Please check every line of the listing for "loss" and copy each line where it is found.

_Working data_.
BEGIN

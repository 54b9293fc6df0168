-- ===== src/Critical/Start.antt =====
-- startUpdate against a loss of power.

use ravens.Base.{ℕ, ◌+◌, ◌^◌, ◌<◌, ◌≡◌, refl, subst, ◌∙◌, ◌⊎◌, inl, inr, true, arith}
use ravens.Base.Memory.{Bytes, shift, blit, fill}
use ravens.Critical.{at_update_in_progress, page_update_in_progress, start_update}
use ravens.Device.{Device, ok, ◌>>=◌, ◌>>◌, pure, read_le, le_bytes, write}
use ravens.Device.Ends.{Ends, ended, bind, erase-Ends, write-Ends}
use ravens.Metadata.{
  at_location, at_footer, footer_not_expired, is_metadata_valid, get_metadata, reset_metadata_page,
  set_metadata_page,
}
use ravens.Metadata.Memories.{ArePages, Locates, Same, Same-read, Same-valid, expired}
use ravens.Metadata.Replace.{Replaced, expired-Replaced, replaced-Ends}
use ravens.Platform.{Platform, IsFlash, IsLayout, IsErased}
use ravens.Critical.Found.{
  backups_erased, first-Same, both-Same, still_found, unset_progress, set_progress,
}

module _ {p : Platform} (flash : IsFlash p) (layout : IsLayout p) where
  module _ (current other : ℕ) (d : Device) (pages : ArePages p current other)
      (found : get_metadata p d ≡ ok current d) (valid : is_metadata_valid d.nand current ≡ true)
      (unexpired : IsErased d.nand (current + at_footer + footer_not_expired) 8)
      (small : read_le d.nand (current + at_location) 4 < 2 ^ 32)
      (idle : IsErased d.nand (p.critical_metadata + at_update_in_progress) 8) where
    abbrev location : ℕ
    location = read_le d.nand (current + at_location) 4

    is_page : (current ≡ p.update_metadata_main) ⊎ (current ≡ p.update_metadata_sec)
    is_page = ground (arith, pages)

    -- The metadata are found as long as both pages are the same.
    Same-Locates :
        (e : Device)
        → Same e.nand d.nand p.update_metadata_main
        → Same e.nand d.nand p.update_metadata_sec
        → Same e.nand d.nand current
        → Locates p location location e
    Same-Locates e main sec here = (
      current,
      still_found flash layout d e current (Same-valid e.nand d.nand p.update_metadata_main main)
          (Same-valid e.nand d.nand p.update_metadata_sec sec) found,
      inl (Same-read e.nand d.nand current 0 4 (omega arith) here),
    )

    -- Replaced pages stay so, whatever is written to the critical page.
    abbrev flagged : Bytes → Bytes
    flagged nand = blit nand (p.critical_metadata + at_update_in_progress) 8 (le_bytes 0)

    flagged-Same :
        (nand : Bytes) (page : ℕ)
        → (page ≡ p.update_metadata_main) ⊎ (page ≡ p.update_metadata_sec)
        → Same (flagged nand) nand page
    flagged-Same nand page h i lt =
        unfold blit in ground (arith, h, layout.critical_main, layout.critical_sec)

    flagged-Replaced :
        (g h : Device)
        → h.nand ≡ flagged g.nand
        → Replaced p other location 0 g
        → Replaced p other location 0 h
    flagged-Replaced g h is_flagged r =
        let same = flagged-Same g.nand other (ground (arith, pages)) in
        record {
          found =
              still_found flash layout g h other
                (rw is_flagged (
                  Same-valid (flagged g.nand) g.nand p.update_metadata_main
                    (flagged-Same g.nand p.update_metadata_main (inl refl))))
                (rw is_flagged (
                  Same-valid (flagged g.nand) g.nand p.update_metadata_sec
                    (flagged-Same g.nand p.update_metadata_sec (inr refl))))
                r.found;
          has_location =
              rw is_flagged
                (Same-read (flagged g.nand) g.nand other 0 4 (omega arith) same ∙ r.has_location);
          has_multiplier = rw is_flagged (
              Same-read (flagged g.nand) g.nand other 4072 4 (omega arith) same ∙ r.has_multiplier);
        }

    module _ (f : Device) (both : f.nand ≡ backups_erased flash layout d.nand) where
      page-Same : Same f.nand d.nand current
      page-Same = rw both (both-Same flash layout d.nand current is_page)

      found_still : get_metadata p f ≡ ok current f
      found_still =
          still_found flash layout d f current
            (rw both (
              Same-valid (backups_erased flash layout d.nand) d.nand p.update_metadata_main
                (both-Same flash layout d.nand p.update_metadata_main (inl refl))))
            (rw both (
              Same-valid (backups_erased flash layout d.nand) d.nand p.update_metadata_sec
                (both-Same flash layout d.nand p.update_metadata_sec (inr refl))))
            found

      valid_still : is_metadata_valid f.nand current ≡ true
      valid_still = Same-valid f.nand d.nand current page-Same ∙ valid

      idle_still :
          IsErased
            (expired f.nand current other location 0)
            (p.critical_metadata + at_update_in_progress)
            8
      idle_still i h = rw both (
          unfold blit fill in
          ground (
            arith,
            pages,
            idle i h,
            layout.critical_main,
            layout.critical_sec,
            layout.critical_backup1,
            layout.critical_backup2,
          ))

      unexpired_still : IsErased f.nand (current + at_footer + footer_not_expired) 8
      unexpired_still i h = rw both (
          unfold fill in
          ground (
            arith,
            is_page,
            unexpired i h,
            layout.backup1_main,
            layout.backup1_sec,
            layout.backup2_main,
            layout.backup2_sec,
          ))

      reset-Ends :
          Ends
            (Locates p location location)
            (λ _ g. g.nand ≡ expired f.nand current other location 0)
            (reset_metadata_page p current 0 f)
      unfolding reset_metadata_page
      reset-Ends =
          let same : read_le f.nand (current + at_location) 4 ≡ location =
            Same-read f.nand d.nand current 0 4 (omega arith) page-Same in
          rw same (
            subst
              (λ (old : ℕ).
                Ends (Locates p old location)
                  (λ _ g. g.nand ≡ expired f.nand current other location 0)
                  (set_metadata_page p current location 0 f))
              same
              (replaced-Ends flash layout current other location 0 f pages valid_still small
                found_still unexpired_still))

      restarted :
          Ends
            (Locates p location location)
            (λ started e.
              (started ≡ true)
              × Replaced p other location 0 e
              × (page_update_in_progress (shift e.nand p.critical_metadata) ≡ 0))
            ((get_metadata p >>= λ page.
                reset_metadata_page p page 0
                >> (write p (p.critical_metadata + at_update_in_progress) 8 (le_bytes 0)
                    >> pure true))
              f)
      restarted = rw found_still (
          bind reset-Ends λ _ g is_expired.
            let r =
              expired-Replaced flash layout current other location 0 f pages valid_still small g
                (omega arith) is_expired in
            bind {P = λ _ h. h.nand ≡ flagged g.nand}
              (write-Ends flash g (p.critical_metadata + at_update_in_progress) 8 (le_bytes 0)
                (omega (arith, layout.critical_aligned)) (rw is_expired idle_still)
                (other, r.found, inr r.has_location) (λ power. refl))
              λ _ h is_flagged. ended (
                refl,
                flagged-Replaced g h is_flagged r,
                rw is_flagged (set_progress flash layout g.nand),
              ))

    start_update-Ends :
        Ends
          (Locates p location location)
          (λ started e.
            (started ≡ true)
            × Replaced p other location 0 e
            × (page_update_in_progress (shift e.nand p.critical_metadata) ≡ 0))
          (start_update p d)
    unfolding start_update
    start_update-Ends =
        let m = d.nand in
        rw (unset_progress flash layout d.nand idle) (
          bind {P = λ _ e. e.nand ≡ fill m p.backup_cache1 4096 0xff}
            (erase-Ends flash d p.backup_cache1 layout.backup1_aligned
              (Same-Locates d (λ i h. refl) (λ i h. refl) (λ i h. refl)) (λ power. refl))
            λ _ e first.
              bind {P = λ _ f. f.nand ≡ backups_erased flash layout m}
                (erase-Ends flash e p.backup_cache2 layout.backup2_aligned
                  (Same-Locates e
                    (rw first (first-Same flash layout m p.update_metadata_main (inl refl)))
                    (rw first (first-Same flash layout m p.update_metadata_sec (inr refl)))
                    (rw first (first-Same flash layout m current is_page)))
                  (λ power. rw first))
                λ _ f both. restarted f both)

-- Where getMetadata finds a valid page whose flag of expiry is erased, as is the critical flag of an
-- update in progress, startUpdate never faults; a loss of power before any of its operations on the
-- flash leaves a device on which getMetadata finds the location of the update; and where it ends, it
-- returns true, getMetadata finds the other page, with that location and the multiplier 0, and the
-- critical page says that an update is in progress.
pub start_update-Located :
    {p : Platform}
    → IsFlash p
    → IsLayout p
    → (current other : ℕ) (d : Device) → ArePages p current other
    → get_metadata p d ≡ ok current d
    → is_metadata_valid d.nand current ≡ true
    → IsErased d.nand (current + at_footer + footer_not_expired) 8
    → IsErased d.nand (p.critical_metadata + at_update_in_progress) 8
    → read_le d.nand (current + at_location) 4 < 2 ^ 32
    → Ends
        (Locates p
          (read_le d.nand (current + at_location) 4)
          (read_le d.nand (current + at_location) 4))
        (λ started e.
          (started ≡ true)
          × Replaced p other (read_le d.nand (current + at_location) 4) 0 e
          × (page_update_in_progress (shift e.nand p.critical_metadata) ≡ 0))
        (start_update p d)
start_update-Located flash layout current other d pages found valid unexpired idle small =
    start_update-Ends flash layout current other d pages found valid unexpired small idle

END
BEGIN

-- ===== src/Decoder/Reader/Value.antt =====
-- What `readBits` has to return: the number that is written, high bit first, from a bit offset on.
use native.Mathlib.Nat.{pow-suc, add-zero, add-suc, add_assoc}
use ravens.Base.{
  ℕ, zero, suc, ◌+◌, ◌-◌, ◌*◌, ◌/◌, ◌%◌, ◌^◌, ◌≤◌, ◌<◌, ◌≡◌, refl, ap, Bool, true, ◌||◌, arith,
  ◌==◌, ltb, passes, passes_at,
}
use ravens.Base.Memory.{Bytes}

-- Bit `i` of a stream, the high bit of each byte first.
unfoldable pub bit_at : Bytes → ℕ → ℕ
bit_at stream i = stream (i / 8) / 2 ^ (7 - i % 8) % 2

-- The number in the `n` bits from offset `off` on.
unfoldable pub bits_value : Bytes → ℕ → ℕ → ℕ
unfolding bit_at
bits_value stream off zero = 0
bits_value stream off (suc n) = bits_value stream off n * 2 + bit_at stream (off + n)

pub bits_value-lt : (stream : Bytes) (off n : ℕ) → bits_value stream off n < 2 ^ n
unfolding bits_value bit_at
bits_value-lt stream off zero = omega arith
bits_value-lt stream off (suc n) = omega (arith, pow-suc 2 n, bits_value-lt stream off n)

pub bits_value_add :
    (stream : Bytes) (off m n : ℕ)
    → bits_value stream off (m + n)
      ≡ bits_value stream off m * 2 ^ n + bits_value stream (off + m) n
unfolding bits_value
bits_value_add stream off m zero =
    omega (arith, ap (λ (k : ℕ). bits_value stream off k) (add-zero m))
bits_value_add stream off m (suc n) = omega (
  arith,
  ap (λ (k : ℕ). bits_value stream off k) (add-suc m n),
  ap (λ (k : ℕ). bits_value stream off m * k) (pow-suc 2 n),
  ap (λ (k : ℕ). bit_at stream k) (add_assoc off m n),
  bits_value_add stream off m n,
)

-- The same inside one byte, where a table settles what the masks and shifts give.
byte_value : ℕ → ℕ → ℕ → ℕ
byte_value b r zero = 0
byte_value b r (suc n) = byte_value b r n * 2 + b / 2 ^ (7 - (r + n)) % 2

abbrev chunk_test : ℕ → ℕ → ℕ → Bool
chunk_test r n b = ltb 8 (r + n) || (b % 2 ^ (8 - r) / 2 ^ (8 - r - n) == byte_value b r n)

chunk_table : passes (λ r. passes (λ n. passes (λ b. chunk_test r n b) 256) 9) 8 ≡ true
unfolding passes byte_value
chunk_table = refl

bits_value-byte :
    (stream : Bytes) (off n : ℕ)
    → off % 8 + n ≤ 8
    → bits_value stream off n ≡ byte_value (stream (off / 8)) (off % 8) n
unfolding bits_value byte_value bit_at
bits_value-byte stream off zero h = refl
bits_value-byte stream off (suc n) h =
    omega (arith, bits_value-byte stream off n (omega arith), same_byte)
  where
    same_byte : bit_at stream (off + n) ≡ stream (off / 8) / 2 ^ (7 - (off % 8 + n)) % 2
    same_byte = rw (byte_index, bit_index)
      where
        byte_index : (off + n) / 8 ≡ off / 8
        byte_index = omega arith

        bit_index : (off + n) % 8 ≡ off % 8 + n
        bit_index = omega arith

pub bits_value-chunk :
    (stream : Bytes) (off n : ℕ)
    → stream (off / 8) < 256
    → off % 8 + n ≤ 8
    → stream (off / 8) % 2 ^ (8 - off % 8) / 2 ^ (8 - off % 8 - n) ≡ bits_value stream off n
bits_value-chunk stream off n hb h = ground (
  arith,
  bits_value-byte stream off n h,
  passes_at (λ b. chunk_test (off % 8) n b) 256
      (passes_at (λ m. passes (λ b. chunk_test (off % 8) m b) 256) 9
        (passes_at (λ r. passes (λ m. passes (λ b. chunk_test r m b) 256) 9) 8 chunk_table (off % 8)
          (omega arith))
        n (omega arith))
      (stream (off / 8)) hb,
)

END
BEGIN

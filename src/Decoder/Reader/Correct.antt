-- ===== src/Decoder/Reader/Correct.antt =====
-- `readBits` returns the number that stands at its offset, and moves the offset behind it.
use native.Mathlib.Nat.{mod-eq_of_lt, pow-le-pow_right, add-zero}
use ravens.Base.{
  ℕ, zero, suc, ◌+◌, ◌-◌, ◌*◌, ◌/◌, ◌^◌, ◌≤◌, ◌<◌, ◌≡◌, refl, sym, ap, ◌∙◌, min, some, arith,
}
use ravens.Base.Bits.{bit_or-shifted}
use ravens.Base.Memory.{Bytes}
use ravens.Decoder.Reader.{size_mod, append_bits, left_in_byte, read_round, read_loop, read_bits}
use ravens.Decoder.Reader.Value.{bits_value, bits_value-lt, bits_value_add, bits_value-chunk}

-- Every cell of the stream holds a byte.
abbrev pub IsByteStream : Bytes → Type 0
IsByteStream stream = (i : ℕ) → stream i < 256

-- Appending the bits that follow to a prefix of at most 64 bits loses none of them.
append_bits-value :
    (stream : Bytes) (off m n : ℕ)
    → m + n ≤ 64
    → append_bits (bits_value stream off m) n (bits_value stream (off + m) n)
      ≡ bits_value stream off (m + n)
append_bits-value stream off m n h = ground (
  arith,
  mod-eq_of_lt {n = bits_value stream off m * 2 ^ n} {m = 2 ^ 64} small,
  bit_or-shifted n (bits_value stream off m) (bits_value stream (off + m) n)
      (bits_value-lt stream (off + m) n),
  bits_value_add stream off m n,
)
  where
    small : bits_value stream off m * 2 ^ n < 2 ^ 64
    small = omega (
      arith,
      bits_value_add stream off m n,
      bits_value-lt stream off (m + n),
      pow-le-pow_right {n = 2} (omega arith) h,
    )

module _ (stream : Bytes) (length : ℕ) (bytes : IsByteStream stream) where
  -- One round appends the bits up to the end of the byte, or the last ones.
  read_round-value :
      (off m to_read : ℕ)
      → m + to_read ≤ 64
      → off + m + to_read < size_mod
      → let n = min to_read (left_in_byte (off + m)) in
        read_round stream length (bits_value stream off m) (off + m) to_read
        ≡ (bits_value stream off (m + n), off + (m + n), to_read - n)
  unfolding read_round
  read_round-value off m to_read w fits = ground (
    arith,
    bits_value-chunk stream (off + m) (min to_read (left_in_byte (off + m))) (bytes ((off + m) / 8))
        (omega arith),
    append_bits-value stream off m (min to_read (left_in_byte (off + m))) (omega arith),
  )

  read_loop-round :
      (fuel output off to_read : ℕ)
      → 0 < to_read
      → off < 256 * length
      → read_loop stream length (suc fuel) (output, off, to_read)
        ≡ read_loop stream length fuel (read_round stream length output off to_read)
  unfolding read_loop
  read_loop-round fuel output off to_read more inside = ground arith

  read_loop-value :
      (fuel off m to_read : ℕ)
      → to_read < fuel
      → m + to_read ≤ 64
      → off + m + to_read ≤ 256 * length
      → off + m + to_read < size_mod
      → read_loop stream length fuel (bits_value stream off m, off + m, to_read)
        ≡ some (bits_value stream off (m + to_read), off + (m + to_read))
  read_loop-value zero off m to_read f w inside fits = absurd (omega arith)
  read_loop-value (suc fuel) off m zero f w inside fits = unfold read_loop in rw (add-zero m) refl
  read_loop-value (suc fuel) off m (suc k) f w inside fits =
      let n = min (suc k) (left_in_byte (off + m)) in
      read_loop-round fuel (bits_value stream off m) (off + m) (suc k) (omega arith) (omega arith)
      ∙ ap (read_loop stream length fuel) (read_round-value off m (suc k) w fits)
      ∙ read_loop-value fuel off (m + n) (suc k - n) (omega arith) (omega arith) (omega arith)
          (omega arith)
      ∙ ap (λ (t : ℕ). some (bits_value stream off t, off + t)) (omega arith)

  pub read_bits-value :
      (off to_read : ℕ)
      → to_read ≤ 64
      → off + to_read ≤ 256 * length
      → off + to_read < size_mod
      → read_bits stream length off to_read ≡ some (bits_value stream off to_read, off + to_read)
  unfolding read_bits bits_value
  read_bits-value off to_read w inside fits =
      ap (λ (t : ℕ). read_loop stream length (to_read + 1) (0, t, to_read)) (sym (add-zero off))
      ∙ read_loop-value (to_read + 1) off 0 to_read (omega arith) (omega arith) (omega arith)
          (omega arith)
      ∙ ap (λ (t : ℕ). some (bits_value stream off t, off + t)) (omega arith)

END

_Solution to this task_.
-- startUpdate against a loss of power.
-- update in progress, startUpdate never faults; a loss of power before any of its operations on the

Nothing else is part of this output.